Mon Jun 4 10:52:47 UTC 2018

A non-text attachment was scrubbed...
Name: not available
Type: text/x-mailbox
Size: 621 bytes
Desc: not available
URL: <http://lists.linuxcontainers.org/pipermail/lxc-devel/attachments/20180604/7b1076f9/attachment.bin>
-------------- next part --------------
From 918c8bdb2dc278528ddb7b2d043979c172ea6e93 Mon Sep 17 00:00:00 2001
From: Christian Brauner <christian.brauner at ubuntu.com>
Date: Mon, 4 Jun 2018 12:49:05 +0200
Subject: [PATCH] conf: copy mountinfo for remount_all_slave()

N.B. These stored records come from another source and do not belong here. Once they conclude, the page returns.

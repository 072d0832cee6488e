-- ===== src/Runtime/PointersFound.antt =====
-- The merged ranges hold what the given ranges hold, and the search finds it
-- (the pointer ranges of collect_string_groups in src/runtime_enrich_core.cpp).
use viy.Base.{
  ℕ, ◌≤◌, ◌<◌, ◌≡◌, refl, ap, ◌∙◌, sym, Bool, true, false, not, ◌&&◌, ◌||◌, inl, inr, none, List,
  [], ◌∷◌, ◌++◌, arith, max, ltb, leb, ◌==◌, Bool-cases, Option-cases, if_rule,
}
use viy.Runtime.Pointers.{
  AddrRange, range_before, insert_range, sort_ranges, merge_step, merge_into, merge_ranges,
  last_end, ends_after, is_pointer, mapped_ranges, in_range, in_ranges,
}

unfoldable Ascending : ℕ → List AddrRange → Type 0
Ascending lo [] = Unit
Ascending lo ((start, end) ∷ ranges) = (lo ≤ start) × Ascending start ranges

unfoldable Apart : ℕ → List AddrRange → Type 0
Apart lo [] = Unit
Apart lo ((start, end) ∷ ranges) = (lo ≤ start) × (start < end) × Apart end ranges

lower_bound :
    (lo hi : ℕ) (ranges : List AddrRange) → lo ≤ hi → Ascending hi ranges → Ascending lo ranges
unfolding Ascending
lower_bound lo hi [] le h = tt
lower_bound lo hi ((start, end) ∷ ranges) le (l, h) = (omega arith, h)

insert_range-Ascending :
    (lo start end : ℕ) (ranges : List AddrRange)
    → lo ≤ start
    → Ascending lo ranges
    → Ascending lo (insert_range (start, end) ranges)
unfolding Ascending insert_range range_before
insert_range-Ascending lo start end [] le h = (le, tt)
insert_range-Ascending lo start end ((s, e) ∷ ranges) le (l, h) =
    if_rule (Ascending lo) (range_before (start, end) (s, e)) _ _ (λ yes. (le, (ground arith, h)))
      (λ no. (l, insert_range-Ascending s start end ranges (ground arith) h))

sort_ranges-Ascending : (ranges : List AddrRange) → Ascending 0 (sort_ranges ranges)
unfolding sort_ranges Ascending
sort_ranges-Ascending [] = tt
sort_ranges-Ascending ((start, end) ∷ ranges) =
    insert_range-Ascending 0 start end (sort_ranges ranges) (omega arith)
      (sort_ranges-Ascending ranges)

or_swap : (a b c : Bool) → (b || (a || c)) ≡ (a || (b || c))
or_swap true true c = refl
or_swap true false c = refl
or_swap false true c = refl
or_swap false false c = refl

or_assoc : (a b c : Bool) → ((a || b) || c) ≡ (a || (b || c))
or_assoc true b c = refl
or_assoc false b c = refl

in_range_empty : (start end v : ℕ) → leb end start ≡ true → in_range (start, end) v ≡ false
unfolding in_range
in_range_empty start end v h = ground arith

in_range_joined :
    (first last start end v : ℕ)
    → first ≤ start
    → leb start last ≡ true
    → in_range (first, max last end) v ≡ (in_range (first, last) v || in_range (start, end) v)
unfolding in_range
in_range_joined first last start end v l h = ground arith

in_ranges-insert_range :
    (r : AddrRange) (ranges : List AddrRange) (v : ℕ)
    → in_ranges (insert_range r ranges) v ≡ (in_range r v || in_ranges ranges v)
unfolding insert_range in_ranges
in_ranges-insert_range r [] v = refl
in_ranges-insert_range r (s ∷ ranges) v =
    let ih = in_ranges-insert_range r ranges v in
    if_rule (λ x. in_ranges x v ≡ (in_range r v || in_ranges (s ∷ ranges) v)) (range_before r s) _ _
      (λ yes. refl) (λ no. rw ih (or_swap (in_range r v) (in_range s v) (in_ranges ranges v)))

in_ranges-sort_ranges :
    (ranges : List AddrRange) (v : ℕ) → in_ranges (sort_ranges ranges) v ≡ in_ranges ranges v
unfolding sort_ranges in_ranges
in_ranges-sort_ranges [] v = refl
in_ranges-sort_ranges (r ∷ ranges) v =
    in_ranges-insert_range r (sort_ranges ranges) v
    ∙ ap (◌||◌ (in_range r v)) (in_ranges-sort_ranges ranges v)

merge_into-Apart :
    (lo first last : ℕ) (ranges : List AddrRange)
    → lo ≤ first
    → first < last
    → Ascending first ranges
    → Apart lo (merge_into (first, last) ranges)
unfolding merge_into merge_step Apart Ascending
merge_into-Apart lo first last [] le lt h = (le, lt, tt)
merge_into-Apart lo first last ((start, end) ∷ ranges) le lt (l, h) =
    let up = lower_bound first start ranges l h in
    if_rule (λ (step : List AddrRange × AddrRange). Apart lo (step.0 ++ merge_into step.1 ranges))
      (leb end start) _ _ (λ empty. merge_into-Apart lo first last ranges le lt up)
      (λ full.
        if_rule
          (λ (step : List AddrRange × AddrRange). Apart lo (step.0 ++ merge_into step.1 ranges))
          (leb start last) _ _
          (λ joins. merge_into-Apart lo first (max last end) ranges le (omega arith) up)
          (λ parts.
            (le, lt, merge_into-Apart last start end ranges (ground arith) (ground arith) h)))

in_ranges-merge_into :
    (first last : ℕ) (ranges : List AddrRange) (v : ℕ)
    → first < last
    → Ascending first ranges
    → in_ranges (merge_into (first, last) ranges) v
      ≡ (in_range (first, last) v || in_ranges ranges v)
unfolding merge_into merge_step in_ranges in_range Ascending
in_ranges-merge_into first last [] v lt h = refl
in_ranges-merge_into first last ((start, end) ∷ ranges) v lt (l, h) =
    let up = lower_bound first start ranges l h in
    let goal : Bool = in_range (first, last) v || in_ranges ((start, end) ∷ ranges) v in
    if_rule
      (λ (step : List AddrRange × AddrRange).
        in_ranges (step.0 ++ merge_into step.1 ranges) v ≡ goal)
      (leb end start) _ _
      (λ empty.
        in_ranges-merge_into first last ranges v lt up
        ∙ sym (rw (in_range_empty start end v empty) refl))
      (λ full.
        if_rule
          (λ (step : List AddrRange × AddrRange).
            in_ranges (step.0 ++ merge_into step.1 ranges) v ≡ goal)
          (leb start last) _ _
          (λ joins.
            in_ranges-merge_into first (max last end) ranges v (omega arith) up
            ∙ rw (in_range_joined first last start end v l joins) (
                or_assoc (in_range (first, last) v) (in_range (start, end) v) (in_ranges ranges v)))
          (λ parts.
            ap (◌||◌ (in_range (first, last) v))
              (in_ranges-merge_into start end ranges v (ground arith) h)))

in_ranges-merge_ranges :
    (lo : ℕ) (ranges : List AddrRange) (v : ℕ)
    → Ascending lo ranges
    → in_ranges (merge_ranges ranges) v ≡ in_ranges ranges v
unfolding merge_ranges in_ranges Ascending
in_ranges-merge_ranges lo [] v h = refl
in_ranges-merge_ranges lo ((start, end) ∷ ranges) v (l, h) =
    if_rule (λ x. in_ranges x v ≡ in_ranges ((start, end) ∷ ranges) v) (leb end start) _ _
      (λ empty.
        in_ranges-merge_ranges start ranges v h ∙ sym (rw (in_range_empty start end v empty) refl))
      (λ full. in_ranges-merge_into start end ranges v (ground arith) h)

merge_ranges-Apart :
    (lo : ℕ) (ranges : List AddrRange) → Ascending lo ranges → Apart lo (merge_ranges ranges)
unfolding merge_ranges Ascending Apart
merge_ranges-Apart lo [] h = tt
merge_ranges-Apart lo ((start, end) ∷ ranges) (l, h) =
    if_rule (Apart lo) (leb end start) _ _
      (λ empty. merge_ranges-Apart lo ranges (lower_bound lo start ranges l h))
      (λ full. merge_into-Apart lo start end ranges l (ground arith) h)

below_all :
    (lo v : ℕ) (ranges : List AddrRange)
    → Apart lo ranges
    → v < lo
    → (last_end ranges v ≡ none) × (in_ranges ranges v ≡ false)
unfolding last_end in_ranges in_range Apart
below_all lo v [] h lt = (refl, refl)
below_all lo v ((start, end) ∷ ranges) (l, w, h) lt =
    let none_above = (below_all end v ranges h (omega arith)).1 in
    let e : ltb v start ≡ true = ground arith in
    let f : leb start v ≡ false = ground arith in (rw e refl, rw (f, none_above) refl)

search_finds :
    (lo : ℕ) (ranges : List AddrRange) (v : ℕ)
    → Apart lo ranges
    → ends_after v (last_end ranges v) ≡ in_ranges ranges v
unfolding last_end in_ranges in_range Apart
search_finds lo [] v h = refl
search_finds lo ((start, end) ∷ ranges) v (l, w, h) =
    let ih = search_finds end ranges v h in
    elim (Bool-cases (ltb v end)) [
      | inl before ↦
          rw
            (
              (below_all end v ranges h (ground arith)).0,
              (below_all end v ranges h (ground arith)).1,
            )
            (ground arith)
      | inr after ↦ elim (Option-cases (last_end ranges v)) [
        | inl e ↦ ground arith
        | inr (x, e) ↦ ground arith
      ]
    ]

-- A value is taken for a pointer exactly when it is not zero and one of the given ranges holds it,
-- in whatever order they are given and however they overlap.
pub is_pointer-mapped_ranges :
    (pointer_ranges : List AddrRange) (value : ℕ)
    → is_pointer (mapped_ranges pointer_ranges) value
      ≡ (not (value == 0) && in_ranges pointer_ranges value)
unfolding is_pointer mapped_ranges
is_pointer-mapped_ranges pointer_ranges value =
    let sorted = sort_ranges pointer_ranges in
    let asc = sort_ranges-Ascending pointer_ranges in
    rw
      (
        search_finds 0 (merge_ranges sorted) value (merge_ranges-Apart 0 sorted asc),
        in_ranges-merge_ranges 0 sorted value asc,
        in_ranges-sort_ranges pointer_ranges value,
      )
      (ground arith)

While a container reads mountinfo from proc fs, the mountinfo can be changed by
the kernel anytime. This has caused critical issues on some devices.

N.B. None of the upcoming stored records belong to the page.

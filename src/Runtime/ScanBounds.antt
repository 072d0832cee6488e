-- ===== src/Runtime/ScanBounds.antt =====
-- Where the strings of a scan lie (collect_string_groups of src/runtime_enrich_core.cpp).
use viy.Base.{
  ℕ, zero, suc, ◌+◌, ◌-◌, ◌^◌, ◌≤◌, ◌<◌, ◌≡◌, refl, Bool, true, false, ◌&&◌, ◌||◌, Option, none,
  some, List, [], ◌∷◌, arith, length, take, drop, min, ltb, ◌==◌, if◌then◌else◌, if_rule,
}
use viy.Runtime.Utf8.{◌>>=◌}
use viy.Runtime.Candidates.{DecodedString, StringScanOptions, best_nul_candidate}
use viy.Runtime.Pascal.{unique_pascal_candidate}
use viy.Runtime.Writes.{MemoryBytes, checked_end}
use viy.Runtime.Scan.{
  overlaps_pointer, selected, accepted, candidate_at, scan, pointer_offsets, scan_observation,
}
use viy.Runtime.Pointers.{AddrRange}

-- A candidate that lies in the observation, has an address for its end, and overlaps no pointer.
unfoldable Fits : List ℕ → ℕ → MemoryBytes → ℕ → DecodedString → Type 0
Fits offsets width o offset c =
    (0 < c.raw_size)
    × (offset + c.raw_size ≤ length o.bytes)
    × (o.addr + offset + c.raw_size < 2 ^ 64)
    × (overlaps_pointer offsets width offset c.raw_size ≡ false)

-- The result, when there is one, satisfies a predicate.
abbrev IfSome : (DecodedString → Type 0) → Option DecodedString → Type 0
IfSome Q none = Unit
IfSome Q (some c) = Q c

accepted-Fits :
    (offsets : List ℕ) (width : ℕ) (o : MemoryBytes) (offset : ℕ) (candidate : DecodedString)
    → offset < length o.bytes
    → IfSome (Fits offsets width o offset) (accepted offsets width o offset candidate)
unfolding accepted checked_end Fits
accepted-Fits offsets width o offset candidate inside =
    if_rule (IfSome (Fits offsets width o offset))
      (candidate.raw_size == 0
        || ltb (length o.bytes - offset) candidate.raw_size
        || ltb ((2 ^ 64 - 1) - o.addr) offset)
      _ _ (λ bad. tt)
      (λ good.
        if_rule
          (λ (e : Option ℕ). IfSome (Fits offsets width o offset) (elim e [
            | none ↦ none
            | some candidate_end ↦
                if overlaps_pointer offsets width offset candidate.raw_size
                then none
                else some candidate
          ]))
          (ltb ((2 ^ 64 - 1) - (o.addr + offset)) candidate.raw_size) _ _ (λ over. tt)
          (λ fits.
            if_rule (IfSome (Fits offsets width o offset))
              (overlaps_pointer offsets width offset candidate.raw_size) _ _ (λ overlap. tt)
              (λ free. (ground arith, ground arith, ground arith, free))))

candidate_at-Fits :
    (options : StringScanOptions) (offsets : List ℕ) (o : MemoryBytes) (offset : ℕ)
    → offset < length o.bytes
    → IfSome (Fits offsets options.pointer_width o offset) (candidate_at options offsets o offset)
unfolding candidate_at
candidate_at-Fits options offsets o offset inside =
    let probe =
      take (min options.max_candidate_bytes (length o.bytes - offset)) (drop offset o.bytes) in
    if_rule (IfSome (Fits offsets options.pointer_width o offset))
      (overlaps_pointer offsets options.pointer_width offset 1) _ _ (λ pointer. tt)
      (λ free.
        bound (selected (best_nul_candidate probe options) (unique_pascal_candidate probe options)))
  where
    bound :
        (chosen : Option DecodedString)
        → IfSome
            (Fits offsets options.pointer_width o offset)
            (chosen >>= accepted offsets options.pointer_width o offset)
    bound none = tt
    bound (some c) = accepted-Fits offsets options.pointer_width o offset c inside

-- Strings one behind the other, from an offset on.
unfoldable pub Strings : List ℕ → ℕ → MemoryBytes → ℕ → List (ℕ × DecodedString) → Type 0
unfolding Fits
Strings offsets width o from [] = Unit
Strings offsets width o from ((offset, c) ∷ found) =
    (from ≤ offset)
    × Fits offsets width o offset c
    × Strings offsets width o (offset + c.raw_size) found

scan_step :
    (fuel : ℕ) (options : StringScanOptions) (offsets : List ℕ) (o : MemoryBytes)
    (from offset count : ℕ) (result : Option DecodedString)
    → ((from offset count : ℕ)
        → from ≤ offset
        → Strings offsets options.pointer_width o from (scan fuel options offsets o offset count))
    → from ≤ offset
    → IfSome (Fits offsets options.pointer_width o offset) result
    → Strings offsets options.pointer_width o from (elim result [
      | none ↦ scan fuel options offsets o (suc offset) count
      | some c ↦ (offset, c) ∷ scan fuel options offsets o (offset + c.raw_size) (suc count)
    ])
unfolding Strings
scan_step fuel options offsets o from offset count none rest le fits =
    rest from (suc offset) count (omega arith)
scan_step fuel options offsets o from offset count (some c) rest le fits =
    (le, fits, rest (offset + c.raw_size) (offset + c.raw_size) (suc count) (omega arith))

scan_more :
    (fuel : ℕ) (options : StringScanOptions) (offsets : List ℕ) (o : MemoryBytes)
    (from offset count : ℕ) (more : Bool)
    → (ltb offset (length o.bytes) && ltb count options.max_candidates_per_write) ≡ more
    → ((from offset count : ℕ)
        → from ≤ offset
        → Strings offsets options.pointer_width o from (scan fuel options offsets o offset count))
    → from ≤ offset
    → Strings offsets options.pointer_width o from (elim more [
      | false ↦ []
      | true ↦ elim (candidate_at options offsets o offset) [
        | none ↦ scan fuel options offsets o (suc offset) count
        | some c ↦ (offset, c) ∷ scan fuel options offsets o (offset + c.raw_size) (suc count)
      ]
    ])
unfolding Strings
scan_more fuel options offsets o from offset count false e rest le = tt
scan_more fuel options offsets o from offset count true e rest le =
    scan_step fuel options offsets o from offset count (candidate_at options offsets o offset) rest
      le (candidate_at-Fits options offsets o offset (ground arith))

scan-Strings :
    (fuel : ℕ) (options : StringScanOptions) (offsets : List ℕ) (o : MemoryBytes)
    (from offset count : ℕ)
    → from ≤ offset
    → Strings offsets options.pointer_width o from (scan fuel options offsets o offset count)
unfolding scan Strings
scan-Strings zero options offsets o from offset count le = tt
scan-Strings (suc fuel) options offsets o from offset count le =
    scan_more fuel options offsets o from offset count
      (ltb offset (length o.bytes) && ltb count options.max_candidates_per_write) refl
      (λ a b n h. scan-Strings fuel options offsets o a b n h) le

-- The strings of an observation lie in it one behind the other without overlap; none is empty,
-- runs past 2 ^ 64 or overlaps a pointer word.
pub scan_observation-Strings :
    (options : StringScanOptions) (mapped : List AddrRange) (o : MemoryBytes)
    → Strings
        (pointer_offsets options mapped o)
        options.pointer_width
        o
        0
        (scan_observation options mapped o)
unfolding scan_observation
scan_observation-Strings options mapped o =
    scan-Strings (length o.bytes) options (pointer_offsets options mapped o) o 0 0 0 (omega arith)
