-- ===== src/Runtime/Utf8RoundTrip.antt =====
-- Decoding what append_utf8 wrote gives the text back (src/runtime_enrich_core.cpp).
use viy.Base.{
  ℕ, zero, suc, ◌+◌, ◌*◌, ◌/◌, ◌%◌, ◌≤◌, ◌<◌, ◌≡◌, refl, true, false, inl, inr, some, List, [], ◌∷◌,
  ◌++◌, arith, length, length-append, All, ltb, leb, if◌then◌else◌, Bool-cases,
}
use viy.Runtime.Utf8.{
  scalar_is_text, utf8_bytes, lead, continuation, checked_scalar, utf8_char, utf8_loop, all_ascii,
  ascii, utf8, decode_utf8_exact,
}

-- The whole text's bytes, by append_utf8 for each character.
unfoldable pub utf8_text : List ℕ → List ℕ
utf8_text [] = []
utf8_text (cp ∷ cps) = utf8_bytes cp ++ utf8_text cps

text_le : (cp : ℕ) → scalar_is_text cp ≡ true → cp ≤ 0x10ffff
unfolding scalar_is_text
text_le cp h = ground arith

-- A character is decoded from its bytes, whatever follows.
abbrev Decodes : ℕ → List ℕ → List ℕ → Type 0
Decodes cp [] rest = ⊥
Decodes cp (b ∷ bs) rest = utf8_char b (bs ++ rest) ≡ some (cp, rest)

lead_two : (q : ℕ) → 2 ≤ q → q < 32 → lead (0xc0 + q) ≡ some (q, 1)
unfolding lead
lead_two q low high = ground arith

lead_three : (q : ℕ) → q < 16 → lead (0xe0 + q) ≡ some (q, 2)
unfolding lead
lead_three q high = ground arith

lead_four : (q : ℕ) → q < 5 → lead (0xf0 + q) ≡ some (q, 3)
unfolding lead
lead_four q high = ground arith

continuation_byte :
    (extra cp v : ℕ) (rest : List ℕ)
    → v < 64
    → continuation (suc extra) cp ((0x80 + v) ∷ rest) ≡ continuation extra (cp * 0x40 + v) rest
unfolding continuation
continuation_byte extra cp v rest h = ground arith

checked_two :
    (cp : ℕ) (rest : List ℕ)
    → scalar_is_text cp ≡ true
    → checked_scalar 1 (cp, rest) ≡ some (cp, rest)
unfolding checked_scalar
checked_two cp rest h = rw h refl

checked_three :
    (cp : ℕ) (rest : List ℕ)
    → scalar_is_text cp ≡ true
    → leb cp 0x7ff ≡ false
    → checked_scalar 2 (cp, rest) ≡ some (cp, rest)
unfolding checked_scalar
checked_three cp rest h b = let e : ltb cp 0x800 ≡ false = ground arith in rw (h, e) refl

checked_four :
    (cp : ℕ) (rest : List ℕ)
    → scalar_is_text cp ≡ true
    → leb cp 0xffff ≡ false
    → checked_scalar 3 (cp, rest) ≡ some (cp, rest)
unfolding checked_scalar
checked_four cp rest h b = let e : ltb cp 0x10000 ≡ false = ground arith in rw (h, e) refl

one_byte :
    (cp : ℕ) (rest : List ℕ)
    → scalar_is_text cp ≡ true
    → leb cp 0x7f ≡ true
    → utf8_char cp rest ≡ some (cp, rest)
unfolding utf8_char lead continuation checked_scalar
one_byte cp rest h a = let e : ltb cp 0x80 ≡ true = ground arith in rw (e, h) refl

two_bytes :
    (cp : ℕ) (rest : List ℕ)
    → scalar_is_text cp ≡ true
    → leb cp 0x7f ≡ false
    → leb cp 0x7ff ≡ true
    → utf8_char (0xc0 + cp / 64) ((0x80 + cp % 64) ∷ rest) ≡ some (cp, rest)
unfolding utf8_char continuation
two_bytes cp rest h a b =
    let e : cp / 64 * 64 + cp % 64 ≡ cp = omega arith in
    rw
      (
        lead_two (cp / 64) (ground arith) (ground arith),
        continuation_byte 0 (cp / 64) (cp % 64) rest (omega arith),
        e,
      )
      (checked_two cp rest h)

three_bytes :
    (cp : ℕ) (rest : List ℕ)
    → scalar_is_text cp ≡ true
    → leb cp 0x7ff ≡ false
    → leb cp 0xffff ≡ true
    → utf8_char (0xe0 + cp / 4096) ((0x80 + cp / 64 % 64) ∷ (0x80 + cp % 64) ∷ rest)
      ≡ some (cp, rest)
unfolding utf8_char continuation
three_bytes cp rest h a b =
    let e : (cp / 4096 * 64 + cp / 64 % 64) * 64 + cp % 64 ≡ cp = omega arith in
    rw
      (
        lead_three (cp / 4096) (ground arith),
        continuation_byte 1 (cp / 4096) (cp / 64 % 64) ((0x80 + cp % 64) ∷ rest) (omega arith),
        continuation_byte 0 (cp / 4096 * 64 + cp / 64 % 64) (cp % 64) rest (omega arith),
        e,
      )
      (checked_three cp rest h a)

four_bytes :
    (cp : ℕ) (rest : List ℕ)
    → scalar_is_text cp ≡ true
    → leb cp 0xffff ≡ false
    → utf8_char
        (0xf0 + cp / 262144)
        ((0x80 + cp / 4096 % 64) ∷ (0x80 + cp / 64 % 64) ∷ (0x80 + cp % 64) ∷ rest)
      ≡ some (cp, rest)
unfolding utf8_char continuation
four_bytes cp rest h a =
    let e : ((cp / 262144 * 64 + cp / 4096 % 64) * 64 + cp / 64 % 64) * 64 + cp % 64 ≡ cp =
      omega arith in
    rw
      (
        lead_four (cp / 262144) (omega (arith, text_le cp h)),
        continuation_byte 2 (cp / 262144) (cp / 4096 % 64)
            ((0x80 + cp / 64 % 64) ∷ (0x80 + cp % 64) ∷ rest) (omega arith),
        continuation_byte 1 (cp / 262144 * 64 + cp / 4096 % 64) (cp / 64 % 64)
            ((0x80 + cp % 64) ∷ rest) (omega arith),
        continuation_byte 0 ((cp / 262144 * 64 + cp / 4096 % 64) * 64 + cp / 64 % 64) (cp % 64) rest
            (omega arith),
        e,
      )
      (checked_four cp rest h a)

utf8_char-bytes :
    (cp : ℕ) (rest : List ℕ) → scalar_is_text cp ≡ true → Decodes cp (utf8_bytes cp) rest
unfolding utf8_bytes
utf8_char-bytes cp rest h = elim (Bool-cases (leb cp 0x7f)) [
  | inl a ↦ rw (a, utf8_bytes) (one_byte cp rest h a)
  | inr a ↦ elim (Bool-cases (leb cp 0x7ff)) [
    | inl b ↦ rw (a, b, utf8_bytes) (two_bytes cp rest h a b)
    | inr b ↦ elim (Bool-cases (leb cp 0xffff)) [
      | inl c ↦ rw (a, b, c, utf8_bytes) (three_bytes cp rest h b c)
      | inr c ↦ rw (a, b, c, utf8_bytes) (four_bytes cp rest h c)
    ]
  ]
]

loop_char :
    (fuel cp : ℕ) (bs rest cps : List ℕ)
    → Decodes cp bs rest
    → utf8_loop fuel rest ≡ some cps
    → utf8_loop (suc fuel) (bs ++ rest) ≡ some (cp ∷ cps)
unfolding utf8_loop
loop_char fuel cp [] rest cps d e = elim d [ ]
loop_char fuel cp (b ∷ bs) rest cps d e = rw (d, e) refl

length_bytes_pos : (cp : ℕ) → 1 ≤ length (utf8_bytes cp)
unfolding utf8_bytes
length_bytes_pos cp = ground arith

text_loop :
    (fuel : ℕ) (cps : List ℕ)
    → All (λ cp. scalar_is_text cp ≡ true) cps
    → length (utf8_text cps) ≤ fuel
    → utf8_loop fuel (utf8_text cps) ≡ some cps
unfolding utf8_loop utf8_text
text_loop fuel [] text enough = refl
text_loop zero (cp ∷ cps) text enough =
    absurd (omega (arith, length-append (utf8_bytes cp) (utf8_text cps), length_bytes_pos cp))
text_loop (suc fuel) (cp ∷ cps) (t, text) enough =
    loop_char fuel cp (utf8_bytes cp) (utf8_text cps) cps (utf8_char-bytes cp (utf8_text cps) t) (
      text_loop fuel cps text
        (omega (arith, length-append (utf8_bytes cp) (utf8_text cps), length_bytes_pos cp)))

-- Text that append_utf8 wrote character by character decodes to the same characters, when there
-- are at least as many as the minimum, and is called ASCII when all of them are.
pub decode_utf8_exact-utf8_text :
    (cps : List ℕ) (minimum : ℕ)
    → All (λ cp. scalar_is_text cp ≡ true) cps
    → minimum ≤ length cps
    → decode_utf8_exact (utf8_text cps) minimum ≡ some (cps, if all_ascii cps then ascii else utf8)
unfolding decode_utf8_exact
decode_utf8_exact-utf8_text cps minimum text enough =
    let e = text_loop (length (utf8_text cps)) cps text (omega arith) in
    let f : ltb (length cps) minimum ≡ false = ground arith in rw (e, f) refl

Signed-off-by: Donghwa Jeong dh48.jeong at samsung.com
Reported-by: Donghwa Jeong dh48.jeong at samsung.com
Signed-off-by: Christian Brauner <christian.brauner at ubuntu.com>
---
 src/lxc/conf.c | 50 +++++++++++++++++++++++++++++++++++++++++++++++---
 1 file changed, 47 insertions(+), 3 deletions(-)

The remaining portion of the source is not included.